*** Opening of SOURCE RECORDS ***

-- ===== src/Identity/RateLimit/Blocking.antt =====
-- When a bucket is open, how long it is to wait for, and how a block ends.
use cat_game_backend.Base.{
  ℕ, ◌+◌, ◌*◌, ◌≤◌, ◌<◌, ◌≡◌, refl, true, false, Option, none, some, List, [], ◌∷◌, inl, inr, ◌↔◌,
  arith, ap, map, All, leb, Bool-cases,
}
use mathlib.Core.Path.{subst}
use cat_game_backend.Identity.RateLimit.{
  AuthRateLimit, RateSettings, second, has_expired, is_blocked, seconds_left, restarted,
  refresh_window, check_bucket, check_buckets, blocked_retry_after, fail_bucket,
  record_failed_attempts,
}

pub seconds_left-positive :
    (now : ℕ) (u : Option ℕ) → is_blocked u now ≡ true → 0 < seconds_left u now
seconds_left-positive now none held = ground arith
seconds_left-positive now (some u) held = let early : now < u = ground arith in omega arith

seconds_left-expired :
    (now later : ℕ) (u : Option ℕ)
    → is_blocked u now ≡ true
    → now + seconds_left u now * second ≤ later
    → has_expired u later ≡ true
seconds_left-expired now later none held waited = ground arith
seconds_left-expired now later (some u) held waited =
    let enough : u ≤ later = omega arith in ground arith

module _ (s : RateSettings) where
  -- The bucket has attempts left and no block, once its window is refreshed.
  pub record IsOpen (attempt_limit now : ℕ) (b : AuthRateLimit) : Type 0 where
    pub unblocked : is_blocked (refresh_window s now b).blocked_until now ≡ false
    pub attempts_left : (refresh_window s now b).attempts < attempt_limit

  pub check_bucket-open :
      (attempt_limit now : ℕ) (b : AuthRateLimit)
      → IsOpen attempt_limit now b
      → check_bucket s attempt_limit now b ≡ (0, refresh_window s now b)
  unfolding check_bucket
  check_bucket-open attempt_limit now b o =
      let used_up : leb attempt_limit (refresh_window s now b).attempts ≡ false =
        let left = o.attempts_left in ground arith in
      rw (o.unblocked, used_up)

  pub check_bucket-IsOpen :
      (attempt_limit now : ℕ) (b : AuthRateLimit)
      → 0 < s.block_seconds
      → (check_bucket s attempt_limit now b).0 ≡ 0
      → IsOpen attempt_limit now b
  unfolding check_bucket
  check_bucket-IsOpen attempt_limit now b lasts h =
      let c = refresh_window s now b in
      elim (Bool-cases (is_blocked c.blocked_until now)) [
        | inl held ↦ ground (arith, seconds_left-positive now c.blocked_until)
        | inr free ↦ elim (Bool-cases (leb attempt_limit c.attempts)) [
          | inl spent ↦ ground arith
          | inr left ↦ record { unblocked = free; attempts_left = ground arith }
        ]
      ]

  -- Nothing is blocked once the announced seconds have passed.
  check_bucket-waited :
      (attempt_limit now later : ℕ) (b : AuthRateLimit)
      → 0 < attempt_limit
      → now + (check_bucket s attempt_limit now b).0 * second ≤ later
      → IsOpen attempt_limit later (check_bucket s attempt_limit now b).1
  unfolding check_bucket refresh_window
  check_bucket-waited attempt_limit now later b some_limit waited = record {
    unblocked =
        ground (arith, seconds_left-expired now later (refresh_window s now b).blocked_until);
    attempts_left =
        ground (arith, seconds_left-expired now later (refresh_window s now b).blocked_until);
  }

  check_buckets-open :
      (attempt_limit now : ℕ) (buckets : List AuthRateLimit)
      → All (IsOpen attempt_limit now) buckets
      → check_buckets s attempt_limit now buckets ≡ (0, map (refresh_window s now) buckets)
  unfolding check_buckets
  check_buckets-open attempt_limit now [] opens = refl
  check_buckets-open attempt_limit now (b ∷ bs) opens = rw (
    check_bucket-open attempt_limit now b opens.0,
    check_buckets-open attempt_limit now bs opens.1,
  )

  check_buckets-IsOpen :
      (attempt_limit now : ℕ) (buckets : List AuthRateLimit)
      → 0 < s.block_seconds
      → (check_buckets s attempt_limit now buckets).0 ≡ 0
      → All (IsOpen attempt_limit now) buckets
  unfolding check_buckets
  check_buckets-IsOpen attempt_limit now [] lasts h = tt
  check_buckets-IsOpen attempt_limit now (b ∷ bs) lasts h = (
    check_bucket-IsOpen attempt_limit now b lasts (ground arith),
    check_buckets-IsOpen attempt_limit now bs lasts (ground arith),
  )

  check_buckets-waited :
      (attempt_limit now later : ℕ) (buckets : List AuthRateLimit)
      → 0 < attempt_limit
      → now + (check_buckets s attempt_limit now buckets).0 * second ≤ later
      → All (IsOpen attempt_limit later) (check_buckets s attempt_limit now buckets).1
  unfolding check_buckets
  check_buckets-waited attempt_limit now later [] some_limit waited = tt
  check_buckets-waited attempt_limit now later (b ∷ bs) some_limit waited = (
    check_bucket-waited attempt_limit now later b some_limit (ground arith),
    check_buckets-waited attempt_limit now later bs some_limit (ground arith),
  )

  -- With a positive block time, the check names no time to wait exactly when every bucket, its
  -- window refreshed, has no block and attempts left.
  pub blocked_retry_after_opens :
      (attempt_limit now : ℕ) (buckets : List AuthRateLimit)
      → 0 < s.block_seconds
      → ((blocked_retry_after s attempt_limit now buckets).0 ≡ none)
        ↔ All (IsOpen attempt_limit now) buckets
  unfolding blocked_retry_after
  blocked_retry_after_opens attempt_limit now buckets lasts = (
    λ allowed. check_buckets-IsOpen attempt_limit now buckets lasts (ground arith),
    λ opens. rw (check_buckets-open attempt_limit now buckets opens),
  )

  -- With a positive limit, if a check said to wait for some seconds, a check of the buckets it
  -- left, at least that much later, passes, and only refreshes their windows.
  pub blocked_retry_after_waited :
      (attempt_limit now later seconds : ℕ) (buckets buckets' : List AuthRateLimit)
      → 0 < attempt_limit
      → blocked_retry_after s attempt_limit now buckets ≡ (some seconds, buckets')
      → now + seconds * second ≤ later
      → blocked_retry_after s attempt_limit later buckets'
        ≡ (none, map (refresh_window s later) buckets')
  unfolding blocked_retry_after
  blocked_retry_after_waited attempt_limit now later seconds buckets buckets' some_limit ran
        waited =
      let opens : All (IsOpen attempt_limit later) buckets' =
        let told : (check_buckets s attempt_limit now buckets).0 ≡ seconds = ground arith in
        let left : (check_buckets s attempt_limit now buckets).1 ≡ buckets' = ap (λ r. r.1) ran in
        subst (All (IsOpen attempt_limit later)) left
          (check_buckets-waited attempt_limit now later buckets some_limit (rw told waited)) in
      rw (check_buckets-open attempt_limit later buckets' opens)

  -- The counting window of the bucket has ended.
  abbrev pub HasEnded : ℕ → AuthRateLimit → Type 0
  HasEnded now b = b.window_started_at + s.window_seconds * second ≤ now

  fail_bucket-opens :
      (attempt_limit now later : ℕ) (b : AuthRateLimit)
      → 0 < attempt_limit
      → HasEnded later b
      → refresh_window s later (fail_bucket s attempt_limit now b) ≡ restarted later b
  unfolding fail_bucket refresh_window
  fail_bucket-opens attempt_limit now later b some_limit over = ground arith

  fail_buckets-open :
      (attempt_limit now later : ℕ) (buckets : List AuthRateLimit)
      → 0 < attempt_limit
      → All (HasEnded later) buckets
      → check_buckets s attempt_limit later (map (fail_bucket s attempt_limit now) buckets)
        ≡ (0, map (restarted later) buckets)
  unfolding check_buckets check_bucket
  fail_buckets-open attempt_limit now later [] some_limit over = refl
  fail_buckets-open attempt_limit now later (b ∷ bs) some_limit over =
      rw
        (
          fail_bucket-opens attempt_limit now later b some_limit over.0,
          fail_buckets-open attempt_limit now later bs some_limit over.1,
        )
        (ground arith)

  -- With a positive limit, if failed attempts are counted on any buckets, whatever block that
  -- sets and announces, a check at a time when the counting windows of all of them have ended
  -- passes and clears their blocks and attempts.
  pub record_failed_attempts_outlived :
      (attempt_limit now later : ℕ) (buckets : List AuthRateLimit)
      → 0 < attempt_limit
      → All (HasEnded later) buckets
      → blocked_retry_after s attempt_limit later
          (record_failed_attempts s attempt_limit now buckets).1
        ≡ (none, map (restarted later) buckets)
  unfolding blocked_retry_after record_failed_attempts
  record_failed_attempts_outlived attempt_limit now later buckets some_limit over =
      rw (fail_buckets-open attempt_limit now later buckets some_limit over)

*** Close of SOURCE RECORDS ***

There is a line with "abbrev pub HasEnded" and a line with "restarted later b" above. Copy exactly those two lines and all lines between them, with nothing else.

### PROBLEM SOLUTION
  abbrev pub HasEnded : ℕ → AuthRateLimit → Type 0
  HasEnded now b = b.window_started_at + s.window_seconds * second ≤ now

  fail_bucket-opens :
      (attempt_limit now later : ℕ) (b : AuthRateLimit)
      → 0 < attempt_limit
      → HasEnded later b
      → refresh_window s later (fail_bucket s attempt_limit now b) ≡ restarted later b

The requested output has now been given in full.